== EXERCISE INSTRUCTIONS ==
For the records below, give the number of lines in which "unfoldable" appears, and add nothing else.

== GIVEN ENTRIES ==
++++++++
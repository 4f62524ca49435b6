-- ===== src/Scenarios.antt =====
-- Concrete controllers: one enabled cloud provider with prices and limits, and the calls on it that
-- the theorems are applied to.
pub mod Runs
mod Witnesses
mod Requests
mod Routes
mod Files
mod Jobs
mod Caches
use ikimetr.Prelude.{
  ℕ, ◌≡◌, refl, Bool, true, false, Option, none, some, List, [], ◌∷◌, Eq, ◌==◌, Text, text, text_Eq,
  text_eq, Result, ok, err,
}
use ikimetr.Prelude.Dict.{lookup, contains, insert}
use ikimetr.Money.{
  Money, assert_non_negative_safe_integer, safe_bigint_to_number, create_money, add_money, round_up,
  calculate_micros_for_tokens,
}
use ikimetr.Config.{
  ProviderConfig, RouteConfig, UsageLimits, BudgetLimits, PricingSnapshot, ConfigSnapshot,
  ProviderId, RiskClass, CapabilityId, DataClass, Route, InvocationMode, BudgetClass, PricingStatus,
  provider_id_index, provider_id_eq_iff, provider_id_Eq, risk_class_index, risk_class_eq_iff,
  risk_class_Eq, capability_id_index, capability_id_eq_iff, capability_id_Eq, data_class_index,
  data_class_eq_iff, data_class_Eq, route_index, route_eq_iff, route_Eq, provider_name,
}
use ikimetr.Pricing.{
  TokenUsage, ResolvedPricing, PricingRequest, PricingError, find_snapshot, is_known, is_unknown,
  complete, resolve_snapshot, resolve, charge, calculate_cost,
}
use ikimetr.LedgerEvents.{
  Schema, LedgerError, nullable, is_utc_timestamp, is_money, valid_attempt_started,
  valid_attempt_completed, valid_reservation, valid_settlement, valid_provider_health,
  valid_approval, valid_verification, valid_cache_event, valid_routing_decision, valid_event,
  parse_ledger_event, AttemptStatus, Disposition, HealthStatus, ApprovalDecision,
  VerificationCommand, VerificationResult, AttemptStarted, AttemptCompleted, BudgetReservation,
  BudgetSettlement, ProviderHealthEvent, ApprovalEvent, VerificationEvent, CacheAction,
  CacheNamespace, CacheState, CacheEvent, RoutingDecisionEvent, LedgerEvent, event_id,
  event_strings, is_identifier_char, is_identifier, is_reason_code, is_sha256_hex, ends_with_z,
  is_currency_code, is_safe,
}
use ikimetr.Budget.Usage.{
  BudgetUsage, BudgetTotals, BudgetStateError, has_delimiter, join, budget_scope_key, safe_add, bit,
  settlement_to_usage, merge_usage, add_usage, count_at, add_number, utc_day, utc_month, add_cloud,
  add_common, add_record_to_totals, create_empty_totals,
}
use ikimetr.Budget.Replay.{
  ReservationRecord, ReplayedBudgetState, is_local, expected_cost, validate_reservation, exceeds,
  computed_overrun, has_usage, same_bool, validate_disposition, validate_settlement, Replay,
  add_reservation, is_settled, apply_settlement, add_settlement, replay_event, replay_events,
  Summary, count_record, add_id, summarize_record, summarize, has_id, recovery_blocking, is_empty,
  empty_summary, empty_replay, derive_budget_state,
}
use ikimetr.Budget.Limits.{
  ErrorCode, BudgetError, Checked, fail, check_number_limit, check_money_limit, check_usage_limits,
  required_usage, check_scope, scope_key, check_provider_limits, check_cloud_limits,
  check_retry_limits, check_when, validate_candidate_limits,
}
use ikimetr.Budget.Prepare.{
  BudgetReservationRequest, Setup, BudgetController, PreparedReservation, assert_storage_ready,
  current_timestamp, class_routes, includes, is_automatic, is_model, validate_provider_request,
  check_admission, resolve_pricing, reservation_limits, reserved_usage, reservation_event,
  build_reservation, prepare_reservation,
}
use ikimetr.Budget.Controller.{
  BudgetSettlementRequest, BudgetReleaseRequest, BudgetQuoteRequest, AppendOutcome, duplicate,
  assert_unique_event_id, is_reservation_of, is_settlement_called, assert_unique_settlement_id,
  require_active_reservation, ledger_append, append_and_apply, run_prepared, returning,
  plan_reserve, reserve, pricing_from_reservation, settlement_usage, settlement_event,
  release_event, validated, plan_settle, plan_release, remove_id, append_settlement, settle,
  release, initialize_from, initialize,
}
use ikimetr.Budget.Controller.Steps.{Op, apply, run}

abbrev pub hash : Text
hash = text "aaaaaaaaaaaaaaaaaaaaaaaaaaaaaaaaaaaaaaaaaaaaaaaaaaaaaaaaaaaaaaaa"

abbrev pub usd : ℕ → Money
usd n = record { currency = text "USD"; amount_micros = n }

abbrev pub cloud_provider : ProviderConfig
cloud_provider = record {
  enabled = true;
  model = some (text "chat");
  invocation_mode = InvocationMode.automatic;
  allowed_data_classes = DataClass.public ∷ DataClass.internal ∷ [];
  allowed_risk_classes = RiskClass.low ∷ [];
  allowed_capabilities = CapabilityId.documentation ∷ [];
  max_input_tokens = some 1000;
  max_output_tokens = some 500;
  max_calls_per_task = some 2;
  max_cost_per_task = some (usd 10000);
  timeout_ms = some 1000;
  max_retries = some 1;
}

abbrev pub disabled_provider : ProviderConfig
disabled_provider = record cloud_provider { enabled = false }

abbrev pub demo_providers : ProviderId → ProviderConfig
demo_providers ProviderId.deepseek = cloud_provider
demo_providers _ = disabled_provider

abbrev pub demo_routes : Route → RouteConfig
demo_routes Route.cheap_cloud = record {
  providers = ProviderId.deepseek ∷ [];
  approval_required = false;
}
demo_routes _ = record { providers = []; approval_required = true }

abbrev pub limits : UsageLimits
limits = record {
  max_input_tokens = some 2000;
  max_output_tokens = some 1000;
  max_calls = some 2;
  max_cost = some (usd 20000);
}

abbrev pub demo_config : ConfigSnapshot
demo_config = record {
  config_hash = hash;
  policy_version = text "1.0.0";
  verification_hash = hash;
  routes = demo_routes;
  providers = demo_providers;
  budget_class = BudgetClass.cheap_allowed;
  limits = record {
    per_task = limits;
    provider_task = limits;
    cloud_calls_task = some 2;
    provider_day = limits;
    cloud_day = limits;
    provider_month = limits;
    cloud_month = limits;
    max_retries_per_task = some 1;
    max_retries_per_provider_task = some 1;
    local_wall_time = some 1000;
  };
  pricing_version = text "1.0.0";
  pricing_snapshots =
      record {
        provider = ProviderId.deepseek;
        model = some (text "chat");
        currency = some (text "USD");
        input_rate = some 2000000;
        output_rate = some 4000000;
        cache_read_rate = none;
        cache_write_rate = none;
        status = PricingStatus.known;
      }
      ∷ [];
}

abbrev pub demo : Setup
demo = record {
  config = demo_config;
  pricing = demo_config;
  schema = record { is_iso_datetime = λ t. true; is_secret_like = λ t. false };
}

abbrev pub clock : Option Text
clock = some (text "2026-01-02T03:04:05Z")

abbrev pub request : BudgetReservationRequest
request = record {
  event_id = text "e1";
  reservation_id = text "r1";
  task_id = text "t1";
  attempt_id = text "a1";
  provider = ProviderId.deepseek;
  model = text "chat";
  route = Route.cheap_cloud;
  data_class = DataClass.public;
  automatic = true;
  retry = false;
  estimated_input_tokens = 100;
}

abbrev pub booked : BudgetReservation
booked = record {
  event_id = text "e1";
  occurred_at = text "2026-01-02T03:04:05Z";
  reservation_id = text "r1";
  task_id = text "t1";
  attempt_id = text "a1";
  provider = ProviderId.deepseek;
  model = text "chat";
  route = Route.cheap_cloud;
  data_class = DataClass.public;
  automatic = true;
  cloud = true;
  retry = false;
  estimated_input_tokens = 100;
  reserved_output_tokens = 500;
  reserved_cost = usd 2200;
  reserved_local_wall_time_ms = 0;
  pricing_version = text "1.0.0";
  input_rate = 2000000;
  output_rate = 4000000;
  cache_read_rate = none;
  cache_write_rate = none;
  config_hash = hash;
}

abbrev pub state_of : Result BudgetStateError ReplayedBudgetState → ReplayedBudgetState
state_of (ok st) = st
state_of (err e) = record {
  active_reservations = [];
  recovery_blocking_ids = [];
  settled_ids = [];
  totals = create_empty_totals;
  discrepancy_circuit_open = false;
  automatic_calls_blocked = false;
}

-- A controller over a ledger file that it has just replayed.
unfoldable pub controller : List LedgerEvent → BudgetController
controller events = record {
  ledger = events;
  storage_failed = false;
  events = events;
  recovered_ids = [];
  state = state_of (derive_budget_state events (some []));
}

abbrev pub settling : ℕ → BudgetSettlementRequest
settling n = record {
  event_id = text "e2";
  settlement_id = text "s1";
  reservation_id = text "r1";
  actual_input_tokens = n;
  actual_output_tokens = 10;
  cache_read_tokens = 0;
  cache_write_tokens = 0;
  actual_local_wall_time_ms = 0;
  reason_code = text "done";
}

abbrev pub releasing : BudgetReleaseRequest
releasing = record {
  event_id = text "e2";
  settlement_id = text "s1";
  reservation_id = text "r1";
  reason_code = text "cancelled";
}

abbrev pub booking : LedgerEvent
booking = LedgerEvent.budget_reservation booked

abbrev pub settlement : BudgetSettlement
settlement = record {
  event_id = text "e2";
  occurred_at = text "2026-01-02T03:04:05Z";
  settlement_id = text "s1";
  reservation_id = text "r1";
  task_id = text "t1";
  attempt_id = text "a1";
  provider = ProviderId.deepseek;
  disposition = Disposition.settled;
  actual_input_tokens = 50;
  actual_output_tokens = 10;
  cache_read_tokens = 0;
  cache_write_tokens = 0;
  actual_cost = usd 140;
  actual_local_wall_time_ms = 0;
  overrun = false;
  reason_code = text "done";
}

-- More input tokens than were reserved.
abbrev pub overrun : BudgetSettlement
overrun = record settlement { actual_input_tokens = 150; actual_cost = usd 340; overrun = true }

abbrev pub release_record : BudgetSettlement
release_record = record settlement {
  disposition = Disposition.released;
  actual_input_tokens = 0;
  actual_output_tokens = 0;
  actual_cost = usd 0;
  reason_code = text "cancelled";
}

-- The controller that starts on a ledger with one open reservation.
unfoldable pub restarted : BudgetController
restarted = record {
  ledger = booking ∷ [];
  storage_failed = false;
  events = booking ∷ [];
  recovered_ids = text "r1" ∷ [];
  state = state_of (derive_budget_state (booking ∷ []) (some (text "r1" ∷ [])));
}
++++++++
== WRITTEN SOLUTION ==
2